# PICTURED ROCKS AREAS STREAMS 5/10- 5/13



## PERCHGILL (Feb 19, 2012)

Spent a little time, in search of brook trout, dunking night crawlers in a few small trout streams & creeks in the P.R. area. The water was very high & fast. The water level, however, was going down each day. With temperatures around high 30's to low 60's, I saw that some hatches were occurring in the afternoons, (black stoneflies, some type of small mayfly, & a tiny fly that was about the size of a fruit fly.....excuse the lack of knowledge on these insects). With the high & fast water, it was difficult locating any stretches to drift a worm for any distance over five yards, so we stuck to the little pockets & slow moving eddies. The water temperature was around 42 degrees. With three of us fishing, we each managed to catch (& release), only about one brookie for each hour actually fished. The ones we caught were small (less than 5"), & very dark colored. We also dunked spawn sacks in search of steelhead, with no luck, (one hit, but broke the line). There were many who set up their "steelhead camps" (campers, trailers, four wheelers, etc), along one of the rivers, in the prime spots. I didn't see any of these campers, so I have no idea how their luck was. Fished a pier in Lake Superior in the evenings, in search of whitefish, using a single egg on a small hook, fished on the bottom. Neither we nor the locals were having much luck. One in my group did, however, manage to land a 20" coho, casting an orange jig with a chartreuse tail. Saw a sow with two cubs, deer, woodcock, partridge, sandhill cranes, kingfishers & loons. That's about all I have to report for now.


----------



## Sportsman In The Wild (Aug 18, 2009)

Sounds like a good fishing trip for the high water and cold temps that you had to deal with. Thanks for sharing!!


----------



## Trout King (May 1, 2002)

Awesome report and sounds like fun. The UP trout fishing can be pretty slow until the waters warm up a bit and their metabolism kicks in.


----------



## PunyTrout (Mar 23, 2007)

A sad fact of trout fishing the UP in the Springtime is if the mosquitoes haven't woken up yet, then neither have the Brookies. YMMV.

Thanks for the report.


----------



## ottertrapper (Jan 6, 2006)

Skeeters aren’t out yet but big Brookies have been lately. No bugs to speak of yet


----------



## PERCHGILL (Feb 19, 2012)

Thanks for the replies. Perhaps next year I'll schedule my U.P. streams/brookie trip a little latter in the spring, maybe around the 2nd week of June. I'll put up with the skeeters if it means more active fish.


----------



## Martin Looker (Jul 16, 2015)

In mid June bring an extra pint or two of blood so you don't run dry.


----------



## PunyTrout (Mar 23, 2007)

Martin Looker said:


> In mid June bring an extra pint or two of blood so you don't run dry.

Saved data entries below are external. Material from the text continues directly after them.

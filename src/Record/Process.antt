-- ===== src/Record/Process.antt =====
-- internal/fetch/record/mux.go: the events and messages that the recorder knows, and the handler of
-- each. An event whose attributes could not be read never gets here.
pub mod Depths
use midgard.Base.{Bool, true, false, Option, none, some, if◌then◌else◌}
use midgard.Record.Corrections.{
  Corrections, KeepOrDiscard, keep, discard, correct_withdraw, corrections_fee_event_is_ok,
}
use midgard.Record.Events.{
  Add, Errata, Gas, Pool, Rewards, Slash, Stake, PoolBalanceChange, MintBurn, AccountMove, Fee,
  Swap, Withdraw, AffiliateFee, SetMimir,
}
use midgard.Record.Monad.{Metadata, Env, Action, ⊤, skip}
use midgard.Record.Notices.Nodes
use midgard.Record.Notices.Outbounds
use midgard.Record.Notices.Transfers
use midgard.Record.Notices.Accounts
use midgard.Record.Notices.Nodes.{
  ActiveVault, InactiveVault, NewNode, SetIpAddress, SetNodeKeys, SetVersion,
  UpdateNodeAccountStatus, ValidatorRequestLeave, SlashPoints, SetNodeMimir, Version,
  TssKeygenSuccess, TssKeygenFailure, Message,
}
use midgard.Record.Notices.Outbounds.{
  AsgardFundYggdrasil, Bond, Outbound, ScheduledOutbound, Refund, Reserve,
}
use midgard.Record.Notices.Transfers.{
  PendingLiquidity, SwitchEvent, Transfer, StreamingSwapDetails, Send, Deposit,
}
use midgard.Record.Notices.Accounts.{
  ThorNameChange, LoanOpen, LoanRepayment, RunePoolDeposit, RunePoolWithdraw, CosmWasmEvent,
  Instantiate, TcyClaim, TcyDistribution, TcyStake, TcyUnstake,
}
use midgard.Record.Pools.{
  on_add, on_errata, on_gas, on_pool, on_rewards, on_slash, on_stake, on_pool_balance_change,
  on_mint_burn, on_trade_account_deposit, on_trade_account_withdraw, on_secure_asset_deposit,
  on_secure_asset_withdraw, on_fee,
}
use midgard.Record.Swaps.{on_swap}
use midgard.Record.Withdrawals.{on_withdraw, on_affiliate_fee, on_set_mimir}

-- The events that become one row, and touch nothing else.
pub data Notice : Type 0 where
  active_vault : ActiveVault → Notice
  inactive_vault : InactiveVault → Notice
  new_node : NewNode → Notice
  set_ip_address : SetIpAddress → Notice
  set_node_keys : SetNodeKeys → Notice
  set_version : SetVersion → Notice
  update_node_account_status : UpdateNodeAccountStatus → Notice
  validator_request_leave : ValidatorRequestLeave → Notice
  slash_points : SlashPoints → Notice
  set_node_mimir : SetNodeMimir → Notice
  version : Version → Notice
  tss_keygen_success : TssKeygenSuccess → Notice
  tss_keygen_failure : TssKeygenFailure → Notice
  message : Message → Notice
  asgard_fund_yggdrasil : AsgardFundYggdrasil → Notice
  bond : Bond → Notice
  outbound : Outbound → Notice
  scheduled_outbound : ScheduledOutbound → Notice
  refund : Refund → Notice
  reserve : Reserve → Notice
  pending_liquidity : PendingLiquidity → Notice
  switch : SwitchEvent → Notice
  transfer : Transfer → Notice
  streaming_swap_details : StreamingSwapDetails → Notice
  msg_send : Send → Notice
  deposit : Deposit → Notice
  thor_name_change : ThorNameChange → Notice
  loan_open : LoanOpen → Notice
  loan_repayment : LoanRepayment → Notice
  rune_pool_deposit : RunePoolDeposit → Notice
  rune_pool_withdraw : RunePoolWithdraw → Notice
  cosm_wasm : CosmWasmEvent → Notice
  instantiate : Instantiate → Notice
  tcy_claim : TcyClaim → Notice
  tcy_distribution : TcyDistribution → Notice
  tcy_stake : TcyStake → Notice
  tcy_unstake : TcyUnstake → Notice

pub data Event : Type 0 where
  add : Add → Event
  errata : Errata → Event
  gas : Gas → Event
  pool : Pool → Event
  rewards : Rewards → Event
  slash : Slash → Event
  stake : Stake → Event
  pool_balance_change : PoolBalanceChange → Event
  mint_burn : MintBurn → Event
  trade_account_deposit : AccountMove → Event
  trade_account_withdraw : AccountMove → Event
  secure_asset_deposit : AccountMove → Event
  secure_asset_withdraw : AccountMove → Event
  fee : Fee → Event
  swap : Swap → Event
  withdraw : Withdraw → Event
  affiliate_fee : AffiliateFee → Event
  set_mimir : SetMimir → Event
  notice : Notice → Event

module _ {S : Type 0} (env : Env S) where
  unfoldable pub on_notice : Notice → Metadata → Action S ⊤
  on_notice (active_vault e) = Nodes.on_active_vault env e
  on_notice (inactive_vault e) = Nodes.on_inactive_vault env e
  on_notice (new_node e) = Nodes.on_new_node env e
  on_notice (set_ip_address e) = Nodes.on_set_ip_address env e
  on_notice (set_node_keys e) = Nodes.on_set_node_keys env e
  on_notice (set_version e) = Nodes.on_set_version env e
  on_notice (update_node_account_status e) = Nodes.on_update_node_account_status env e
  on_notice (validator_request_leave e) = Nodes.on_validator_request_leave env e
  on_notice (slash_points e) = Nodes.on_slash_points env e
  on_notice (set_node_mimir e) = Nodes.on_set_node_mimir env e
  on_notice (version e) = Nodes.on_version env e
  on_notice (tss_keygen_success e) = Nodes.on_tss_keygen_success env e
  on_notice (tss_keygen_failure e) = Nodes.on_tss_keygen_failure env e
  on_notice (message e) = Nodes.on_message env e
  on_notice (asgard_fund_yggdrasil e) = Outbounds.on_asgard_fund_yggdrasil env e
  on_notice (bond e) = Outbounds.on_bond env e
  on_notice (outbound e) = Outbounds.on_outbound env e
  on_notice (scheduled_outbound e) = Outbounds.on_scheduled_outbound env e
  on_notice (refund e) = Outbounds.on_refund env e
  on_notice (reserve e) = Outbounds.on_reserve env e
  on_notice (pending_liquidity e) = Transfers.on_pending_liquidity env e
  on_notice (switch e) = Transfers.on_switch env e
  on_notice (transfer e) = Transfers.on_transfer env e
  on_notice (streaming_swap_details e) = Transfers.on_streaming_swap_details env e
  on_notice (msg_send e) = Transfers.on_msg_send env e
  on_notice (deposit e) = Transfers.on_deposit env e
  on_notice (thor_name_change e) = Accounts.on_thor_name_change env e
  on_notice (loan_open e) = Accounts.on_loan_open env e
  on_notice (loan_repayment e) = Accounts.on_loan_repayment env e
  on_notice (rune_pool_deposit e) = Accounts.on_rune_pool_deposit env e
  on_notice (rune_pool_withdraw e) = Accounts.on_rune_pool_withdraw env e
  on_notice (cosm_wasm e) = Accounts.on_cosm_wasm env e
  on_notice (instantiate e) = Accounts.on_instantiate env e
  on_notice (tcy_claim e) = Accounts.on_tcy_claim env e
  on_notice (tcy_distribution e) = Accounts.on_tcy_distribution env e
  on_notice (tcy_stake e) = Accounts.on_tcy_stake env e
  on_notice (tcy_unstake e) = Accounts.on_tcy_unstake env e

  -- The end of the case of withdrawals: `break` if the correction discards it.
  abbrev unless_discarded : Metadata → KeepOrDiscard × Withdraw → Action S ⊤
  unless_discarded meta (discard, w) = skip
  unless_discarded meta (keep, w) = on_withdraw env w meta

  unfoldable pub on_event : Corrections → Event → Metadata → Action S ⊤
  on_event c (add e) meta = on_add env e meta
  on_event c (errata e) meta = on_errata env e meta
  on_event c (gas e) meta = on_gas env e meta
  on_event c (pool e) meta = on_pool env e meta
  on_event c (rewards e) meta = on_rewards env e meta
  on_event c (slash e) meta = on_slash env e meta
  on_event c (stake e) meta = on_stake env e meta
  on_event c (pool_balance_change e) meta = on_pool_balance_change env e meta
  on_event c (mint_burn e) meta = on_mint_burn env e meta
  on_event c (trade_account_deposit e) meta = on_trade_account_deposit env e meta
  on_event c (trade_account_withdraw e) meta = on_trade_account_withdraw env e meta
  on_event c (secure_asset_deposit e) meta = on_secure_asset_deposit env e meta
  on_event c (secure_asset_withdraw e) meta = on_secure_asset_withdraw env e meta
  on_event c (fee e) meta = if corrections_fee_event_is_ok c e meta then on_fee env e meta else skip
  on_event c (swap e) meta = on_swap env e meta
  on_event c (withdraw e) meta = unless_discarded meta (correct_withdraw c e meta)
  on_event c (affiliate_fee e) meta = on_affiliate_fee env e meta
  on_event c (set_mimir e) meta = on_set_mimir env e meta
  on_event c (notice e) meta = on_notice e meta
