-- ===== src/Record/Load/Reader.antt =====
-- internal/fetch/record/event.go: the loop of `LoadTendermint`, which goes over the attributes in
-- order, logs those that it does not know, and stops at the first one that is malformed.
use Prim.Native.String.{String}
use midgard.Base.{ℕ, Bool, true, false, Option, none, some, List, [], ◌∷◌, ◌++◌}
use midgard.Base.Bytes.{Bytes, Slice, codes, same, to_lower}
use midgard.Record.Blocks.{Attribute}

-- What the program takes from its settings, `config.Global.CaseInsensitiveChains`, and
-- `strconv.ParseFloat`, whose result is a bit pattern.
pub record Settings : Type 0 where
  pub case_insensitive_chains : Bytes → Bool
  pub parse_float : Bytes → Option ℕ

-- The errors: `empty_amount` is told from the others by the caller. `malformed` has the text that
-- the error starts with. No reader runs out of fuel.
pub data LoadError : Type 0 where
  empty_amount out_of_fuel : LoadError
  malformed : String → LoadError

-- An event or an error, with the lines that were logged on the way.
pub data Load (A : Type 0) : Type 0 where
  loaded : A → List String → Load A
  failed : LoadError → List String → Load A

abbrev pub after_logs : {A : Type 0} → List String → Load A → Load A
after_logs logs (loaded a more) = loaded a (logs ++ more)
after_logs logs (failed err more) = failed err (logs ++ more)

infixl 5 ◌>>=◌
abbrev pub ◌>>=◌ : {A B : Type 0} → Load A → (A → Load B) → Load B
loaded a logs >>= f = after_logs logs (f a)
failed err logs >>= f = failed err logs

abbrev pub ok : {A : Type 0} → A → Load A
ok a = loaded a []

abbrev pub fail : {A : Type 0} → String → Load A
fail text = failed (malformed text) []

-- What was read becomes a field of the event.
abbrev pub set : {A E : Type 0} → Load A → (A → E) → Load E
set m f = m >>= λ a. ok (f a)

-- `miderr.LogEventParseErrorF`; the line stands for its format.
abbrev pub unknown : {A : Type 0} → String → A → Load A
unknown line e = loaded e (line ∷ [])

abbrev pub is : Attribute → String → Bool
is a key = same a.key (codes key)

-- `for _, attr := range attrs`
unfoldable pub each : {A : Type 0} → (Attribute → A → Load A) → List Attribute → A → Load A
each read [] e = ok e
each read (a ∷ rest) e = read a e >>= each read rest

-- `util.ToLowerBytes`
abbrev pub to_lower_bytes : Slice → Slice
to_lower_bytes none = none
to_lower_bytes (some b) = some (to_lower b)

abbrev pub is_nil : Slice → Bool
is_nil none = true
is_nil (some _) = false
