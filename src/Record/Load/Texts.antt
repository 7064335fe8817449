-- ===== src/Record/Load/Texts.antt =====
-- internal/fetch/record/event.go: how the value of an attribute is read.
use Prim.Native.String.{String}
use midgard.Base.{
  ℕ, zero, suc, Bool, true, false, not, ◌&&◌, ◌||◌, Option, none, some, List, [], ◌∷◌, ◌++◌,
  nat_beq, if◌then◌else◌,
}
use midgard.Base.Bytes.{Bytes, Slice, codes, same, contains, to_upper, split2}
use midgard.Base.Int.{ℤ, pos}
use midgard.Util.Numbers.{ParseError, parse_int, is_digit}
use midgard.Util.Text.{utf8_valid, base64}
use midgard.Record.Coin.{native_switch}
use midgard.Record.Load.Reader.{Load, empty_amount, failed, ◌>>=◌, ok, fail}
pub mod Coins

-- A number, or the error that starts with the text.
abbrev pub number_or : String → ℤ × Option ParseError → Load ℤ
number_or text (v, none) = ok v
number_or text (v, some err) = fail text

unfoldable pub number : String → Bytes → Load ℤ
number text value = number_or text (parse_int value)

-- `ParseArrayInt`
unfoldable pub parse_array_int : String → List Bytes → Load (List ℤ)
parse_array_int text [] = ok []
parse_array_int text (part ∷ parts) =
    number text part >>= λ v. (parse_array_int text parts >>= λ vs. ok (v ∷ vs))

-- `ParseBool`, and `strconv.ParseBool`.
unfoldable pub parse_bool : String → Bytes → Load Bool
parse_bool text s =
    if same s (codes "true")
    then ok true
    else if same s (codes "false")
    then ok false
    else fail text

unfoldable pub std_parse_bool : String → Bytes → Load Bool
std_parse_bool text s =
    if same s (codes "1")
      || same s (codes "t")
      || same s (codes "T")
      || same s (codes "TRUE")
      || same s (codes "true")
      || same s (codes "True")
    then ok true
    else if same s (codes "0")
        || same s (codes "f")
        || same s (codes "F")
        || same s (codes "FALSE")
        || same s (codes "false")
        || same s (codes "False")
    then ok false
    else fail text

pub data CoinError : Type 0 where
  err_no_sep : CoinError
  bad_amount : ParseError → CoinError

abbrev pub amount_error : Option ParseError → Option CoinError
amount_error none = none
amount_error (some err) = some (bad_amount err)

abbrev pub coin_parts : Bytes × Option Bytes → Slice × ℤ × Option CoinError
coin_parts (amount, none) = (none, pos 0, some err_no_sep)
coin_parts (amount, some asset) =
    (some asset, (parse_int amount).0, amount_error (parse_int amount).1)

-- `parseCoin`: the amount, a space, and the asset.
unfoldable pub parse_coin : Bytes → Slice × ℤ × Option CoinError
parse_coin b = coin_parts (split2 b' ' b)

abbrev pub coin_or : String → Slice × ℤ × Option CoinError → Load (Slice × ℤ)
coin_or text (asset, amount, none) = ok (asset, amount)
coin_or text (asset, amount, some err) = fail text

unfoldable pub coin : String → Bytes → Load (Slice × ℤ)
coin text value = coin_or text (parse_coin value)

-- The match of `^[0-9]+`, and what is behind it.
unfoldable pub span_digits : Bytes → Bytes × Bytes
span_digits [] = ([], [])
span_digits (c ∷ cs) =
    let (number, rest) = span_digits cs in if is_digit c then (c ∷ number, rest) else ([], c ∷ cs)

-- `strings.TrimSpace`, on ASCII.
abbrev pub is_space : ℕ → Bool
is_space c =
    nat_beq c b' ' || nat_beq c 9 || nat_beq c 10 || nat_beq c 11 || nat_beq c 12 || nat_beq c 13

unfoldable pub trim_left : Bytes → Bytes
trim_left [] = []
trim_left (c ∷ cs) = if is_space c then trim_left cs else c ∷ cs

abbrev pub unless_space : ℕ → Bytes → Bytes
unless_space c [] = if is_space c then [] else c ∷ []
unless_space c (x ∷ xs) = c ∷ x ∷ xs

unfoldable pub trim_right : Bytes → Bytes
trim_right [] = []
trim_right (c ∷ cs) = unless_space c (trim_right cs)

abbrev pub unit_asset : Bytes → Load Slice
unit_asset [] = fail "no units given in amount"
unit_asset (c ∷ cs) =
    if same (c ∷ cs) (codes "rune") then ok (some native_switch) else ok (some (to_upper (c ∷ cs)))

abbrev pub cosmos_parts : Bytes × Bytes → Load (Slice × ℤ)
cosmos_parts ([], rest) = fail "no numbers in amount"
cosmos_parts (c ∷ cs, rest) = do
  amount ← number "couldn't parse amount value" (c ∷ cs)
  asset ← unit_asset (trim_right (trim_left rest))
  ok (asset, amount)

-- `parseCosmosCoin`: the amount and the unit, as in "123btc/btc".
unfoldable pub parse_cosmos_coin : Bytes → Load (Slice × ℤ)
unfolding number span_digits trim_left trim_right
parse_cosmos_coin [] = failed empty_amount []
parse_cosmos_coin (c ∷ cs) = cosmos_parts (span_digits (c ∷ cs))

-- `sanitizeBytes`
unfoldable pub sanitize_bytes : Bytes → Bytes
sanitize_bytes v =
    if utf8_valid v && not (contains 0 v)
    then v
    else codes "MidgardBadUTF8EncodedBase64: " ++ base64 v
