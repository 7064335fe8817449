-- ===== src/Record/Load/Accounts.antt =====
-- internal/fetch/record/event.go: the readers of the events of names, loans and the RUNE pool.
use midgard.Base.{◌||◌, none, some, List, if◌then◌else◌}
use midgard.Base.Bytes.{str}
use midgard.Base.Int.{pos}
use midgard.Record.Blocks.{Attribute}
use midgard.Record.Notices.Accounts.{
  ThorNameChange, LoanOpen, LoanRepayment, RunePoolDeposit, RunePoolWithdraw,
}
use midgard.Record.Load.Reader.{◌>>=◌, Settings, Load, ok, unknown, is, set, each, to_lower_bytes}
use midgard.Record.Load.Texts.{number}

unfoldable pub thor_name_change_attribute : Attribute → ThorNameChange → Load ThorNameChange
thor_name_change_attribute a e =
    if is a "name"
    then ok (record e { name = some a.value })
    else if is a "chain"
    then ok (record e { chain = some a.value })
    else if is a "address"
    then ok (record e { address = some a.value })
    else if is a "registration_fee"
    then set (number "malformed registration_fee" a.value)
        (λ v. record e { registration_fee_e8 = v })
    else if is a "fund_amount"
    then set (number "malformed fund_amount" a.value) (λ v. record e { fund_amount_e8 = v })
    else if is a "expire"
    then set (number "malformed expire_height" a.value) (λ v. record e { expire_height = v })
    else if is a "owner"
    then ok (record e { owner = some a.value })
    else if is a "tx_id"
    then ok (record e { tx_id = some a.value })
    else if is a "memo"
    then ok (record e { memo = some a.value })
    else if is a "signer"
    then ok (record e { sender = some a.value })
    else unknown "unknown thorname event attribute" e

unfoldable pub load_thor_name_change : Settings → List Attribute → Load ThorNameChange
load_thor_name_change cfg attrs = do
  e ← each thor_name_change_attribute attrs (record {
    name = none;
    chain = none;
    address = none;
    registration_fee_e8 = pos 0;
    fund_amount_e8 = pos 0;
    expire_height = pos 0;
    owner = none;
    tx_id = none;
    memo = none;
    sender = none;
  })
  ok (
      if cfg.case_insensitive_chains (str e.chain)
      then record e { address = to_lower_bytes e.address }
      else e)

unfoldable pub loan_open_attribute : Attribute → LoanOpen → Load LoanOpen
loan_open_attribute a e =
    if is a "collateral_up" || is a "collateral_deposited"
    then set (number "malformed value" a.value) (λ v. record e { collateral_deposited = v })
    else if is a "debt_up" || is a "debt_issued"
    then set (number "malformed value" a.value) (λ v. record e { debt_issued = v })
    else if is a "collateralization_ratio"
    then set (number "malformed value" a.value) (λ v. record e { collateralization_ratio = v })
    else if is a "collateral_asset"
    then ok (record e { collateral_asset = some a.value })
    else if is a "target_asset"
    then ok (record e { target_asset = some a.value })
    else if is a "owner"
    then ok (record e { owner = some a.value })
    else if is a "tx_id"
    then ok (record e { tx_id = some a.value })
    else unknown "unknown loan_open event attribute" e

unfoldable pub load_loan_open : List Attribute → Load LoanOpen
load_loan_open attrs = each loan_open_attribute attrs (record {
  collateral_deposited = pos 0;
  debt_issued = pos 0;
  collateral_asset = none;
  collateralization_ratio = pos 0;
  owner = none;
  target_asset = none;
  tx_id = none;
})

unfoldable pub loan_repayment_attribute : Attribute → LoanRepayment → Load LoanRepayment
loan_repayment_attribute a e =
    if is a "collateral_down" || is a "collateral_withdrawn"
    then set (number "malformed value" a.value) (λ v. record e { collateral_withdrawn = v })
    else if is a "debt_down" || is a "debt_repaid"
    then set (number "malformed value" a.value) (λ v. record e { debt_repaid = v })
    else if is a "collateral_asset"
    then ok (record e { collateral_asset = some a.value })
    else if is a "owner"
    then ok (record e { owner = some a.value })
    else if is a "tx_id"
    then ok (record e { tx_id = some a.value })
    else unknown "unknown loan_repayment event attribute" e

unfoldable pub load_loan_repayment : List Attribute → Load LoanRepayment
load_loan_repayment attrs = each loan_repayment_attribute attrs (record {
  collateral_withdrawn = pos 0;
  debt_repaid = pos 0;
  collateral_asset = none;
  owner = none;
  tx_id = none;
})

unfoldable pub rune_pool_deposit_attribute : Attribute → RunePoolDeposit → Load RunePoolDeposit
rune_pool_deposit_attribute a e =
    if is a "tx_id"
    then ok (record e { tx = some a.value })
    else if is a "rune_address"
    then ok (record e { rune_addr = some a.value })
    else if is a "rune_amoumt" || is a "rune_amount"
    then set (number "malformed key" a.value) (λ v. record e { rune_amt_e8 = v })
    else if is a "units"
    then set (number "malformed key" a.value) (λ v. record e { units = v })
    else unknown "unknown rune_pool_deposit event attribute" e

unfoldable pub load_rune_pool_deposit : List Attribute → Load RunePoolDeposit
load_rune_pool_deposit attrs =
    each rune_pool_deposit_attribute attrs
      (record { tx = none; rune_addr = none; rune_amt_e8 = pos 0; units = pos 0 })

unfoldable pub rune_pool_withdraw_attribute : Attribute → RunePoolWithdraw → Load RunePoolWithdraw
rune_pool_withdraw_attribute a e =
    if is a "tx_id"
    then ok (record e { tx = some a.value })
    else if is a "rune_address"
    then ok (record e { rune_addr = some a.value })
    else if is a "rune_amoumt" || is a "rune_amount"
    then set (number "malformed key" a.value) (λ v. record e { rune_amt_e8 = v })
    else if is a "basis_points"
    then set (number "malformed key" a.value) (λ v. record e { basis_points = v })
    else if is a "affiliate_basis_pts" || is a "affiliate_basis_points"
    then set (number "malformed key" a.value) (λ v. record e { affiliate_bps = v })
    else if is a "affiliate_amount"
    then set (number "malformed key" a.value) (λ v. record e { affiliate_amt = v })
    else if is a "affiliate_address"
    then ok (record e { affiliate_addr = some a.value })
    else if is a "units"
    then set (number "malformed key" a.value) (λ v. record e { units = v })
    else unknown "unknown rune_pool_withdraw event attribute" e

unfoldable pub load_rune_pool_withdraw : List Attribute → Load RunePoolWithdraw
load_rune_pool_withdraw attrs = each rune_pool_withdraw_attribute attrs (record {
  tx = none;
  rune_addr = none;
  rune_amt_e8 = pos 0;
  basis_points = pos 0;
  affiliate_bps = pos 0;
  affiliate_amt = pos 0;
  affiliate_addr = none;
  units = pos 0;
})
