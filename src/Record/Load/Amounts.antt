-- ===== src/Record/Load/Amounts.antt =====
-- internal/fetch/record/event.go: the readers of errata, rewards, slashes, and of what is minted and burnt.
use midgard.Base.{Bool, false, not, ◌||◌, Option, none, some, List, [], ◌∷◌, ◌++◌, if◌then◌else◌}
use midgard.Base.Bytes.{Bytes, codes, same, to_upper}
use midgard.Base.Int.{ℤ, pos, neg64}
use midgard.Util.Numbers.{parse_int, ParseError}
use midgard.Record.Blocks.{Attribute}
use midgard.Record.Events.{Errata, Rewards, Slash, MintBurn}
use midgard.Record.Load.Reader.{Load, ok, unknown, is, set, each}
use midgard.Record.Load.Texts.{number, std_parse_bool}

-- An errata as it is read, and the signs of its amounts.
pub record ErrataState : Type 0 where
  pub event : Errata
  pub flip_asset : Bool
  pub flip_rune : Bool

abbrev pub in_errata : ErrataState → (Errata → Errata) → ErrataState
in_errata s f = record s { event = f s.event }

unfoldable pub errata_attribute : Attribute → ErrataState → Load ErrataState
errata_attribute a s =
    if is a "in_tx_id"
    then ok (in_errata s (λ e. record e { in_tx = some a.value }))
    else if is a "asset"
    then ok (in_errata s (λ e. record e { asset = some a.value }))
    else if is a "asset_amt"
    then set (number "malformed asset_amt" a.value)
        (λ v. in_errata s (λ e. record e { asset_e8 = v }))
    else if is a "asset_add"
    then set (std_parse_bool "malformed asset_add" a.value)
        (λ add. record s { flip_asset = not add })
    else if is a "rune_amt"
    then set (number "malformed rune_amt" a.value)
        (λ v. in_errata s (λ e. record e { rune_e8 = v }))
    else if is a "rune_add"
    then set (std_parse_bool "malformed rune_add" a.value) (λ add. record s { flip_rune = not add })
    else unknown "unknown errata event attribute" s

abbrev pub flipped : ErrataState → Errata
flipped s = record s.event {
  asset_e8 = if s.flip_asset then neg64 s.event.asset_e8 else s.event.asset_e8;
  rune_e8 = if s.flip_rune then neg64 s.event.rune_e8 else s.event.rune_e8;
}

unfoldable pub load_errata : List Attribute → Load Errata
load_errata attrs =
    set
      (each errata_attribute attrs (record {
        event = record { in_tx = none; asset = none; asset_e8 = pos 0; rune_e8 = pos 0 };
        flip_asset = false;
        flip_rune = false;
      }))
      flipped

abbrev pub per_pool_amount : ℤ × Option ParseError → Attribute → Rewards → Load Rewards
per_pool_amount (v, none) a e =
    ok (record e { per_pool = e.per_pool ++ record { asset = some a.key; e8 = v } ∷ [] })
per_pool_amount (v, some _) a e = unknown "unknown rewards event attribute" e

unfoldable pub rewards_attribute : Attribute → Rewards → Load Rewards
rewards_attribute a e =
    if is a "bond_reward"
    then set (number "malformed bond_reward" a.value) (λ v. record e { bond_e8 = v })
    else per_pool_amount (parse_int a.value) a e

unfoldable pub load_rewards : List Attribute → Load Rewards
load_rewards attrs = each rewards_attribute attrs (record { bond_e8 = pos 0; per_pool = [] })

abbrev pub slash_amount : ℤ × Option ParseError → Attribute → Slash → Load Slash
slash_amount (v, none) a e =
    ok (record e { amounts = e.amounts ++ record { asset = some a.key; e8 = v } ∷ [] })
slash_amount (v, some _) a e = unknown "unknown slash event attribute" e

unfoldable pub slash_attribute : Attribute → Slash → Load Slash
slash_attribute a e =
    if is a "pool"
    then ok (record e { pool = some a.value })
    else slash_amount (parse_int a.value) a e

unfoldable pub load_slash : List Attribute → Load Slash
load_slash attrs = each slash_attribute attrs (record { pool = none; amounts = [] })

unfoldable pub denom_asset : Bytes → Bytes
denom_asset denom = if same denom (codes "rune") then codes "THOR.RUNE" else to_upper denom

unfoldable pub mint_burn_attribute : Attribute → MintBurn → Load MintBurn
mint_burn_attribute a e =
    if is a "denom"
    then ok (record e { asset = some (denom_asset a.value) })
    else if is a "amount"
    then set (number "malformed amount" a.value) (λ v. record e { asset_e8 = v })
    else if is a "reason"
    then ok (record e { reason = some a.value })
    else if is a "supply"
    then (if same a.value (codes "mint") || same a.value (codes "burn")
        then ok (record e { supply = some a.value })
        else unknown "unknown supply type" e)
    else unknown "unknown mint_burn event attribute" e

unfoldable pub load_mint_burn : List Attribute → Load MintBurn
load_mint_burn attrs =
    each mint_burn_attribute attrs
      (record { asset = none; asset_e8 = pos 0; reason = none; supply = none })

LP mugger: Give me your wallet!

UP mugger: Hand over your* headnet!*


----------



## zzcop302 (Jun 29, 2013)

Martin Looker said:


> In mid June bring an extra pint or two of blood so you don't run dry.


And bring an extra gallon of OFF and a yard sprayer to apply it with.


----------



## PERCHGILL (Feb 19, 2012)

Yes, I can see that by md-June, the skeeters will be out in force. Just trying to find that magical period in time, (if it even exists), when the skeeters have not come out in force yet, but the brookies' metabolism has kicked into gear. My job requires me to plan my vacations a year in advance, so it's just a guessing game for me as to picking a week to pursue these U.P. brookies, prior to the skeeter, deer fly, etc., invasion. Maybe I should switch tactics and pursue coho, steelhead, whatever's out there, at the river mouths, running into Lake Superior, where the bugs cannot fight the wind. Whether I plan my vacation(s) correctly or not, I'd rather fight skeeters while dunking worms in the thick alder banks of a U.P. stream, than sit on my patio, watching broken up pallets burn in my fire pit, reading "Trout Madness" for the millionth time, in perfect whether, in southeast Michigan. Every visit to the U.P. is a unique, enriching experience.


----------



## BillBuster (Apr 25, 2005)

PERCHGILL said:


> Yes, I can see that by md-June, the skeeters will be out in force. Just trying to find that magical period in time, (if it even exists), when the skeeters have not come out in force yet, but the brookies' metabolism has kicked into gear. My job requires me to plan my vacations a year in advance, so it's just a guessing game for me as to picking a week to pursue these U.P. brookies, prior to the skeeter, deer fly, etc., invasion. Maybe I should switch tactics and pursue coho, steelhead, whatever's out there, at the river mouths, running into Lake Superior, where the bugs cannot fight the wind. Whether I plan my vacation(s) correctly or not, I'd rather fight skeeters while dunking worms in the thick alder banks of a U.P. stream, than sit on my patio, watching broken up pallets burn in my fire pit, reading "Trout Madness" for the millionth time, in perfect whether, in southeast Michigan. Every visit to the U.P. is a unique, enriching experience.


I like your attitude!


----------



## Martin Looker (Jul 16, 2015)

Brookies are way better than coho or steelhead. I like the Keweenaw for Brook trout but the best fishing is right during prime bug season. So it's the price we pay for having fun.


----------



## Benzie Rover (Mar 17, 2008)

PERCHGILL said:


> Yes, I can see that by md-June, the skeeters will be out in force. Just trying to find that magical period in time, (if it even exists), when the skeeters have not come out in force yet, but the brookies' metabolism has kicked into gear. My job requires me to plan my vacations a year in advance, so it's just a guessing game for me as to picking a week to pursue these U.P. brookies, prior to the skeeter, deer fly, etc., invasion. Maybe I should switch tactics and pursue coho, steelhead, whatever's out there, at the river mouths, running into Lake Superior, where the bugs cannot fight the wind. Whether I plan my vacation(s) correctly or not, I'd rather fight skeeters while dunking worms in the thick alder banks of a U.P. stream, than sit on my patio, watching broken up pallets burn in my fire pit, reading "Trout Madness" for the millionth time, in perfect whether, in southeast Michigan. Every visit to the U.P. is a unique, enriching experience.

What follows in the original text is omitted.